Cooper, another Cheerleader, will use her platform on Sunday to create awareness for the foster care system. Cooper is a middle school teacher when she's not cheering at GEHA Field at Arrowhead, providing her with an in-person look at the young lives that the foster care system touches.

"Being a teacher, I get to interact with a lot of different people who come from all kinds of backgrounds, and as I've gotten to know a handful of students in the foster care system, I've seen the impact that it can have on them," Cooper said. "The more I've learned about it, the more I think it isn't being talked about enough."

The Kansas Department for Children and Families defines foster care services as those enacted when the court has deemed that a child's parents are not equipped to meet their needs. Additionally, many children in the foster care system are victims of abuse and require specified care.

Varying reports indicate that more than 500,000 children pass through the United States' foster care system in a given year, demonstrating a very real situation that's impacting every corner of our country. In many ways, these young people are faced with a crossroads in their lives at a vulnerable time, and they need our support.

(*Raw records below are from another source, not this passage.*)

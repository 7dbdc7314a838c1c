-- ===== src/Revisions/Reachable.antt =====
-- The states that messages lead to (internal/ui/revisions/revisions.go).
use jjui.Jj.Selections.{Commit}
use jjui.Operations.Runs.{run_events}
use mathlib.Core.Bool.{false≢true}
use jjui.Prelude.{
  ℕ, ◌≡◌, refl, sym, ap, ◌∙◌, ◌⊎◌, inl, inr, String, Bool, true, false, not, Option, none, some,
  List, [], ◌∷◌, ◌==◌, length, Bool-cases, All,
}
use jjui.Revisions.{Model, new_model, selected_revision}
use jjui.Revisions.Loading.{update_revisions, append_rows_batch}
use jjui.Revisions.Cursor.{is_placed}
use jjui.Revisions.Messages.{
  Msg, update_revisions_msg, streaming_ready_msg, append_rows_batch_msg, update, streaming_ready,
}
use jjui.Revisions.Answered.{is_inside, update-Answers}
use jjui.Revisions.Placed.{selected_some}

-- The states from the first one on.
pub data Reachable (run : List String → String × Bool) : Model → Type 0 where
  start : Reachable run new_model
  step :
      {m t : Model} (msg : Msg) (more : Bool)
      → Reachable run m
      → is_inside msg m ≡ true
      → update run msg m ≡ some (t, more)
      → Reachable run t

abbrev pub OnRow : Model → Type 0
OnRow m = (length m.rows == 0 ≡ true) ⊎ (c : Commit) × (selected_revision m ≡ some c)

pub row_of_placed : (m : Model) → is_placed m ≡ true → OnRow m
row_of_placed m h = elim (Bool-cases (length m.rows == 0)) [
  | inl e ↦ inl e
  | inr e ↦ inr (selected_some m h e)
]

abbrev is_placed_after : Option (Model × Bool) → Bool
is_placed_after none = false
is_placed_after (some r) = is_placed r.0

module _ (run : List String → String × Bool) where
  pub is_placed-reachable : (m : Model) → Reachable run m → is_placed m ≡ true
  is_placed-reachable m start = refl
  is_placed-reachable m (step {m = s} msg more r i e) =
      let (t, n, f, h) = update-Answers run msg s i (is_placed-reachable s r) in
      ap is_placed_after (sym e ∙ f) ∙ h

  -- In each state that messages lead to, a message is answered without a panic, unless it is a click
  -- with Ctrl past the last row, and then there are no rows or the cursor is on one of them.
  pub update-OnRow :
      (m : Model) (msg : Msg)
      → Reachable run m
      → is_inside msg m ≡ true
      → (t : Model) × (more : Bool) × (update run msg m ≡ some (t, more))
        × Reachable run t
        × OnRow t
  update-OnRow m msg r i =
      let (t, more, e, h) = update-Answers run msg m i (is_placed-reachable m r) in
      (t, more, e, step msg more r i e, row_of_placed t h)

-- An answer to a load that another one has followed.
abbrev pub is_stale : ℕ → Msg → Bool
is_stale tag (update_revisions_msg rows t) = not (t == tag)
is_stale tag (streaming_ready_msg highlighted has_streamer failed t) = not (t == tag)
is_stale tag (append_rows_batch_msg last_row_index rows has_more t) = not (t == tag)
is_stale tag msg = false

abbrev pub Stays : Model → Option (Model × Bool) → Type 0
Stays m r = (b : Bool) × (r ≡ some (record m { request_in_flight = b }, false))

pub update-Stays :
    (run : List String → String × Bool) (msg : Msg) (m : Model)
    → is_stale m.tag msg ≡ true
    → Stays m (update run msg m)
unfolding update update_revisions streaming_ready append_rows_batch
update-Stays run (update_revisions_msg rows t) m h =
    (m.request_in_flight, rw (update_revisions, h) refl)
update-Stays run (streaming_ready_msg s a b t) m h =
    (m.request_in_flight, rw (streaming_ready, h) refl)
update-Stays run (append_rows_batch_msg l rows more t) m h = (false, rw (append_rows_batch, h) refl)
update-Stays run msg m h = absurd (false≢true h)

-- Whatever answers come to loads that another one has followed, none of them changes the list of
-- revisions: only the note that a request is under way may be gone.
pub run_events-Stays :
    (run : List String → String × Bool) (msgs : List Msg) (m : Model)
    → All (λ msg. is_stale m.tag msg ≡ true) msgs
    → (b : Bool) × (run_events (update run) msgs m ≡ some (record m { request_in_flight = b }))
unfolding run_events
run_events-Stays run [] m h = (m.request_in_flight, refl)
run_events-Stays run (msg ∷ msgs) m h =
    let (b, e) = update-Stays run msg m h.0 in
    let (c, f) = run_events-Stays run msgs (record m { request_in_flight = b }) h.1 in
    (c, rw (run_events, e) f)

"There are so many things that you can do to help," Cooper said. "I think we all assume that you have to be a foster parent, and yes, that's super important, but there are so many other ways that you can support the foster care system."

It's all to say that each piece of cloth represents something different, from Cooper's advocacy for foster kids to the various medical conditions recognized by Brooke, Jordan and DaVanna, but collectively, these towels – and the individuals wielding them – represent the hope of a better tomorrow.